-- ===== src/RawKv/Scan.antt =====
-- src/sdk/rawkv/raw_kv_scan_task.cc: the rows of a range of keys, region by region. What the client
-- finds around it is an argument: `look_up`, the cache's `LookupRegionBetweenRange`, and `call`, the
-- store controller's; `C` is what they read and change. `look_up_in` is the cache of the model.
use dingo_sdk.Base.{
  ℕ, zero, suc, Bool, true, false, not, ◌&&◌, ◌==◌, List, [], ◌∷◌, ◌++◌, Option, none, some,
  if◌then◌else◌, ltb, length, take,
}
use dingo_sdk.Key.{Key, key_ltb, key_leb, is_empty}
use dingo_sdk.Outcome.{Outcome, done, aborted, check, ◌>>=◌, ◌>>◌}
use dingo_sdk.Status.{Status, Code, Result, success, failure, is_ok, ok, not_found}
use dingo_sdk.Region.{RegionPtr}
use dingo_sdk.MetaCache.{Cache}
use dingo_sdk.MetaCache.Coordinator.{ScanRegionInfo, lookup_region_between_range}
use dingo_sdk.RawKv.Scanner.{
  KvPair, Request, Reply, Scanner, new_region_scanner, async_open, async_next_batch, no_rows,
}
pub mod Batches
pub mod Rows
pub mod Served

-- `tmp_scanner_scan_kvs_` is emptied before each use: it is an argument of the call backs.
pub record Scan : Type 0 where
  pub start_key : Key
  pub end_key : Key
  pub limit : ℕ
  pub next_start_key : Key
  pub tmp_out_kvs : List KvPair
  pub out_kvs : List KvPair

-- `LookupRegionBetweenRange` on the cache, with the coordinator's reply to it.
abbrev pub look_up_in :
    (Key → Key → Result (List ScanRegionInfo))
    → Key
    → Key
    → Cache
    → Outcome (Result RegionPtr × Cache)
look_up_in coordinator a b c = lookup_region_between_range a b (coordinator a b) c

abbrev pub is_not_found : Code → Bool
is_not_found not_found = true
is_not_found _ = false

unfoldable pub reach_limit : Scan → Bool
reach_limit t = not (t.limit == 0) && not (ltb (length t.tmp_out_kvs) t.limit)

-- The keys of a region's scanner, from `next_start_key_` and from `end_key_`.
unfoldable pub scanner_start_key : Key → RegionPtr → Key
scanner_start_key next r = if key_leb next r.start_key then r.start_key else next

unfoldable pub scanner_end_key : Key → RegionPtr → Key
scanner_end_key end_key r = if key_leb end_key r.end_key then end_key else r.end_key

-- How the task stands when a call back returns: its status, which reaches `DoAsyncDone`, or the
-- scanner that it goes on with.
abbrev pub Ended : Type 0 → Type 0
Ended C = Option ((Status × Scan) × C)

-- `NextBatchCallback`, up to its last call.
unfoldable pub next_batch_callback : List KvPair → Scanner → Scan → Outcome Scan
next_batch_callback kvs s t =
    if no_rows kvs
    then (do check (not s.has_more); done t)
    else done (record t { tmp_out_kvs = t.tmp_out_kvs ++ kvs })

-- `PostProcess`.
unfoldable pub post_process : Scan → Scan
post_process t = record t { out_kvs = t.tmp_out_kvs; tmp_out_kvs = [] }

module _ {C : Type 0} (look_up : Key → Key → C → Outcome (Result RegionPtr × C))
    (call : Request → C → Outcome (Reply × C)) (batch_size : ℕ) where
  unfoldable pub init : Scan → C → Outcome ((Status × Scan) × C)
  init t c = do
    found ← look_up t.start_key t.end_key c
    done (elim found.0 [
      | failure s ↦ ((s, t), found.1)
      | success r ↦ ((ok, record t { next_start_key = t.start_key }), found.1)
    ])

  -- `ScanNextWithScanner`, up to the end of the region, on fuel.
  unfoldable pub scan_next_with_scanner : ℕ → Scanner → Scan → C → Outcome (Ended C)
  scan_next_with_scanner zero s t c = done none
  scan_next_with_scanner (suc fuel) s t c = elim s.has_more [
    | false ↦ done (some ((ok, record t { next_start_key = s.region.end_key }), c))
    | true ↦ async_next_batch call s [] c >>= λ b. elim (is_ok b.0.0) [
      | false ↦ done (some ((b.0.0, t), b.1))
      | true ↦ next_batch_callback b.0.1 b.0.2 t >>= λ u. scan_next_with_scanner fuel b.0.2 u b.1
    ]
  ]

  -- `ScannerOpenCallback`.
  unfoldable pub scanner_open_callback : ℕ → Status → Scanner → Scan → C → Outcome (Ended C)
  scanner_open_callback fuel status s t c =
      if is_ok status
      then check s.has_more >> scan_next_with_scanner fuel s t c
      else done (some ((status, t), c))

  -- What `ScanNext` does with a region.
  unfoldable pub scan_region : ℕ → RegionPtr → Scan → C → Outcome (Ended C)
  scan_region fuel r t c = do
    s ←
        new_region_scanner batch_size r (scanner_start_key t.next_start_key r)
          (scanner_end_key t.end_key r)
    opened ← async_open call s c
    scanner_open_callback fuel opened.0.0 opened.0.1 t opened.1

  abbrev pub go_on : (Scan → C → Outcome (Ended C)) → Ended C → Outcome (Ended C)
  go_on f none = done none
  go_on f (some ((status, t), c)) = elim (is_ok status) [
    | true ↦ f t c
    | false ↦ done (some ((status, t), c))
  ]

  -- `ScanNext`, on fuel for the regions; each region has fuel for its batches.
  unfoldable pub scan_next : ℕ → ℕ → Scan → C → Outcome (Ended C)
  scan_next batches zero t c = done none
  scan_next batches (suc fuel) t c = elim (reach_limit t) [
    | true ↦ done (some ((ok, record t { tmp_out_kvs = take t.limit t.tmp_out_kvs }), c))
    | false ↦ elim (key_leb t.end_key t.next_start_key) [
      | true ↦ done (some ((ok, t), c))
      | false ↦ look_up t.next_start_key t.end_key c >>= λ found. elim found.0 [
        | failure s ↦ done (some ((if is_not_found s.code then ok else s, t), found.1))
        | success r ↦ scan_region batches r t found.1 >>= go_on (scan_next batches fuel)
      ]
    ]
  ]

  -- `DoAsync`.
  unfoldable pub do_async : ℕ → ℕ → Scan → C → Outcome (Ended C)
  do_async batches fuel t c = do
    check (not (is_empty t.next_start_key))
    check (key_ltb t.next_start_key t.end_key)
    scan_next batches fuel t c
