-- ===== src/RawKv/DeleteRange.antt =====
-- src/sdk/rawkv/raw_kv_delete_range_task.cc: the deletion of a range of keys, region by region. The cache's
-- `ScanRegionsBetweenRange` and `LookupRegionBetweenRange` and the store controller's call are arguments,
-- and `C` is what they read and change.
use dingo_sdk.Base.{
  ℕ, zero, suc, ◌+◌, Bool, true, false, not, ◌&&◌, List, [], ◌∷◌, Option, none, some, if◌then◌else◌,
}
use dingo_sdk.Key.{Key, key_leb, key_eqb, is_empty}
use dingo_sdk.Outcome.{Outcome, done, aborted, check, ◌>>=◌, ◌>>◌}
use dingo_sdk.Status.{Status, Result, success, failure, is_ok, ok, of_code, code_aborted}
use dingo_sdk.Region.{RegionPtr}
use dingo_sdk.RawKv.Scan.{is_not_found}
pub mod Repeats

pub record DeleteRange : Type 0 where
  pub start_key : Key
  pub end_key : Key
  pub continuous : Bool
  pub next_start_key : Key
  pub tmp_out_delete_count : ℕ

-- The request, with the region of its context.
pub record DeleteRequest : Type 0 where
  pub region : RegionPtr
  pub start_key : Key
  pub end_key : Key

pub record DeleteReply : Type 0 where
  pub status : Status
  pub delete_count : ℕ

-- No gap between two regions.
unfoldable pub is_continuous : List RegionPtr → Bool
is_continuous [] = true
is_continuous (r ∷ []) = true
is_continuous (r ∷ s ∷ rs) = key_eqb r.end_key s.start_key && is_continuous (s ∷ rs)

abbrev pub found_any : List RegionPtr → Bool
found_any [] = false
found_any (r ∷ rs) = true

-- What is asked of a region.
unfoldable pub delete_request : DeleteRange → RegionPtr → DeleteRequest
delete_request t r = record {
  region = r;
  start_key = if key_leb r.start_key t.next_start_key then t.next_start_key else r.start_key;
  end_key = if key_leb r.end_key t.end_key then r.end_key else t.end_key;
}

-- `KvDeleteRangeRpcCallback`, up to its last test; after a failure the task stays where it is.
unfoldable pub kv_delete_range_rpc_callback :
    DeleteReply → DeleteRequest → DeleteRange → Outcome DeleteRange
kv_delete_range_rpc_callback a q t = elim (is_ok a.status) [
  | false ↦ done t
  | true ↦
      check (not (is_empty q.end_key))
      >> done (record t {
        tmp_out_delete_count = t.tmp_out_delete_count + a.delete_count;
        next_start_key = q.end_key;
      })
]

module _ {C : Type 0} (scan_regions : Key → Key → C → Outcome (Result (List RegionPtr) × C))
    (look_up : Key → Key → C → Outcome (Result RegionPtr × C))
    (call : DeleteRequest → C → Outcome (DeleteReply × C)) where
  unfoldable pub init : DeleteRange → C → Outcome ((Status × DeleteRange) × C)
  init t c = scan_regions t.start_key t.end_key c >>= λ found. elim found.0 [
    | failure s ↦ done ((s, t), found.1)
    | success rs ↦
        check (found_any rs)
        >> (if t.continuous && not (is_continuous rs)
            then done ((of_code code_aborted, t), found.1)
            else done ((ok, record t { next_start_key = t.start_key }), found.1))
  ]

  -- `DeleteNextRange`, which is `DoAsync`, until it reaches `DoAsyncDone` with a status, on fuel: `none` is
  -- out of fuel, with the task as it is then.
  unfoldable pub delete_next_range :
      ℕ → DeleteRange → C → Outcome (Option Status × (DeleteRange × C))
  delete_next_range zero t c = done (none, (t, c))
  delete_next_range (suc fuel) t c =
      check (not (is_empty t.next_start_key))
      >> check (key_leb t.next_start_key t.end_key)
      >> look_up t.next_start_key t.end_key c
      >>= λ found. elim found.0 [
        | failure s ↦ done (some (if is_not_found s.code then ok else s), (t, found.1))
        | success r ↦ call (delete_request t r) found.1 >>= λ a.
            kv_delete_range_rpc_callback a.0 (delete_request t r) t >>= λ u.
            elim (key_leb u.end_key u.next_start_key) [
              | true ↦ done (some ok, (u, a.1))
              | false ↦ delete_next_range fuel u a.1
            ]
      ]
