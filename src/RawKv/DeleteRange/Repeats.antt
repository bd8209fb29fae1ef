-- ===== src/RawKv/DeleteRange/Repeats.antt =====
-- A request of a range deletion that fails is repeated without end.
use dingo_sdk.Base.{
  ℕ, zero, suc, true, false, List, ◌∷◌, Option, none, some, if◌then◌else◌, ◌≡◌, refl, sym, ap, ◌∙◌,
  subst,
}
use dingo_sdk.Key.{Key, key_leb, is_empty}
use dingo_sdk.Outcome.{Outcome, done, ◌>>=◌, Returns, Returns-map, Returns->>=}
use dingo_sdk.Status.{Status, Result, success, failure, is_ok, ok}
use dingo_sdk.Region.{RegionPtr}
use dingo_sdk.RawKv.Scan.{is_not_found}
use dingo_sdk.RawKv.DeleteRange.{
  DeleteRange, DeleteRequest, DeleteReply, delete_request, kv_delete_range_rpc_callback,
  delete_next_range,
}

-- The request so many times, on top of those before.
abbrev pub sent_again : ℕ → DeleteRequest → List DeleteRequest → List DeleteRequest
sent_again zero q log = log
sent_again (suc n) q log = sent_again n q (q ∷ log)

module _ {C : Type 0} (scan_regions : Key → Key → C → Outcome (Result (List RegionPtr) × C))
    (look_up : Key → Key → C → Outcome (Result RegionPtr × C))
    (call : DeleteRequest → C → Outcome (DeleteReply × C)) (log : C → List DeleteRequest)
    (t : DeleteRange) (r : RegionPtr) where
  -- The region is found, and no request is sent by that.
  abbrev pub IsFound : C → Result RegionPtr × C → Type 0
  IsFound c x = (x.0 ≡ success r) × (log x.1 ≡ log c)

  -- A request is recorded, and fails.
  abbrev pub IsRefused : DeleteRequest → C → DeleteReply × C → Type 0
  IsRefused q c a = (is_ok a.0.status ≡ false) × (log a.1 ≡ q ∷ log c)

  -- The part of the range that lies in the region.
  abbrev pub same_request : DeleteRequest
  same_request = record { region = r; start_key = t.next_start_key; end_key = r.end_key }

  -- The task has no status to give out, stands where it stood, and has sent so many more requests.
  abbrev pub Going : ℕ → C → Option Status × (DeleteRange × C) → Type 0
  Going n c x = (x.0 ≡ none) × (x.1.0 ≡ t) × (log x.1.1 ≡ sent_again n same_request (log c))

  failure_stays :
      (a : DeleteReply) (q : DeleteRequest)
      → is_ok a.status ≡ false
      → kv_delete_range_rpc_callback a q t ≡ done t
  unfolding kv_delete_range_rpc_callback
  failure_stays a q h = rw (kv_delete_range_rpc_callback, h) refl

  request_lem :
      key_leb r.start_key t.next_start_key ≡ true
      → key_leb r.end_key t.end_key ≡ true
      → delete_request t r ≡ same_request
  unfolding delete_request
  request_lem a b = rw (delete_request, a, b) refl

  -- A range deletion before its end key, whose next key is in a region that ends within the range: while
  -- that region is found and every request fails, whatever its status, the task on fuel for `fuel` passes
  -- sends the same request, for the region's keys from the next key on, once for each pass. It stands
  -- where it stood, and gives out no status.
  pub delete_next_range_repeats :
      ((c : C) → Returns (look_up t.next_start_key t.end_key c) (IsFound c))
      → ((c : C) → Returns (call same_request c) (IsRefused same_request c))
      → is_empty t.next_start_key ≡ false
      → key_leb t.next_start_key t.end_key ≡ true
      → key_leb t.end_key t.next_start_key ≡ false
      → key_leb r.start_key t.next_start_key ≡ true
      → key_leb r.end_key t.end_key ≡ true
      → (fuel : ℕ) (c : C)
      → Returns (delete_next_range scan_regions look_up call fuel t c) (Going fuel c)
  unfolding delete_next_range
  delete_next_range_repeats l f n b e low high zero c = (refl, refl, refl)
  delete_next_range_repeats l f n b e low high (suc fuel) c =
      rw (n, b)
        (Returns->>= (IsFound c) (Going (suc fuel) c) (look_up t.next_start_key t.end_key c) _ (l c)
          (found (delete_next_range_repeats l f n b e low high fuel)))
    where
      after : C → DeleteRange → Outcome (Option Status × (DeleteRange × C))
      after d u = elim (key_leb u.end_key u.next_start_key) [
        | true ↦ done (some ok, (u, d))
        | false ↦ delete_next_range scan_regions look_up call fuel u d
      ]

      Rest : Type 0
      Rest = (d : C) → Returns (delete_next_range scan_regions look_up call fuel t d) (Going fuel d)

      again :
          Rest
          → (d : C) → log d ≡ log c
          → (a : DeleteReply × C) → IsRefused same_request d a
          → Returns
              (kv_delete_range_rpc_callback a.0 same_request t >>= after a.1)
              (Going (suc fuel) c)
      again rest d k a h =
          subst (λ m. Returns (m >>= after a.1) (Going (suc fuel) c))
            (sym (failure_stays a.0 same_request h.0))
            (subst
              (λ b.
                Returns
                  (elim b as (λ _. Outcome (Option Status × (DeleteRange × C))) [
                    | true ↦ done (some ok, (t, a.1))
                    | false ↦ delete_next_range scan_regions look_up call fuel t a.1
                  ])
                  (Going (suc fuel) c))
              (sym e)
              (Returns-map (Going fuel a.1) (Going (suc fuel) c) _
                (λ x p. (
                  p.0,
                  p.1,
                  p.2 ∙ ap (sent_again fuel same_request) (h.1 ∙ ap (λ ls. same_request ∷ ls) k),
                ))
                (rest a.1)))

      asked :
          Rest
          → (d : C) → log d ≡ log c
          → (q : DeleteRequest) → q ≡ same_request
          → Returns
              (call q d >>= λ a. kv_delete_range_rpc_callback a.0 q t >>= after a.1)
              (Going (suc fuel) c)
      asked rest d k q s =
          subst
            (λ q.
              Returns (call q d >>= λ a. kv_delete_range_rpc_callback a.0 q t >>= after a.1)
                (Going (suc fuel) c))
            (sym s)
            (Returns->>= (IsRefused same_request d) (Going (suc fuel) c) (call same_request d) _
              (f d) (again rest d k))

      found :
          Rest
          → (x : Result RegionPtr × C) → IsFound c x
          → Returns
              (elim x.0 as (λ _. Outcome (Option Status × (DeleteRange × C))) [
                | failure s ↦ done (some (if is_not_found s.code then ok else s), (t, x.1))
                | success g ↦ call (delete_request t g) x.1 >>= λ a.
                    kv_delete_range_rpc_callback a.0 (delete_request t g) t >>= after a.1
              ])
              (Going (suc fuel) c)
      found rest (failure s, d) h = cc (h.0)
      found rest (success g, d) h =
          let same : g ≡ r = cc (h.0) in
          subst
            (λ g.
              Returns
                (call (delete_request t g) d >>= λ a.
                  kv_delete_range_rpc_callback a.0 (delete_request t g) t >>= after a.1)
                (Going (suc fuel) c))
            (sym same) (asked rest d h.1 (delete_request t r) (request_lem low high))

_THE TASK_. In the listing above, find the line containing "unfoldable pub delete_request" and the line containing "(call : DeleteRequest → C → Outcome (DeleteReply × C)) where", then retype both and every line between them exactly, with nothing else.

_SOLVED EXERCISE_.
unfoldable pub delete_request : DeleteRange → RegionPtr → DeleteRequest
delete_request t r = record {
  region = r;
  start_key = if key_leb r.start_key t.next_start_key then t.next_start_key else r.start_key;
  end_key = if key_leb r.end_key t.end_key then r.end_key else t.end_key;
}

-- `KvDeleteRangeRpcCallback`, up to its last test; after a failure the task stays where it is.
unfoldable pub kv_delete_range_rpc_callback :
    DeleteReply → DeleteRequest → DeleteRange → Outcome DeleteRange
kv_delete_range_rpc_callback a q t = elim (is_ok a.status) [
  | false ↦ done t
  | true ↦
      check (not (is_empty q.end_key))
      >> done (record t {
        tmp_out_delete_count = t.tmp_out_delete_count + a.delete_count;
        next_start_key = q.end_key;
      })
]

module _ {C : Type 0} (scan_regions : Key → Key → C → Outcome (Result (List RegionPtr) × C))
    (look_up : Key → Key → C → Outcome (Result RegionPtr × C))
    (call : DeleteRequest → C → Outcome (DeleteReply × C)) where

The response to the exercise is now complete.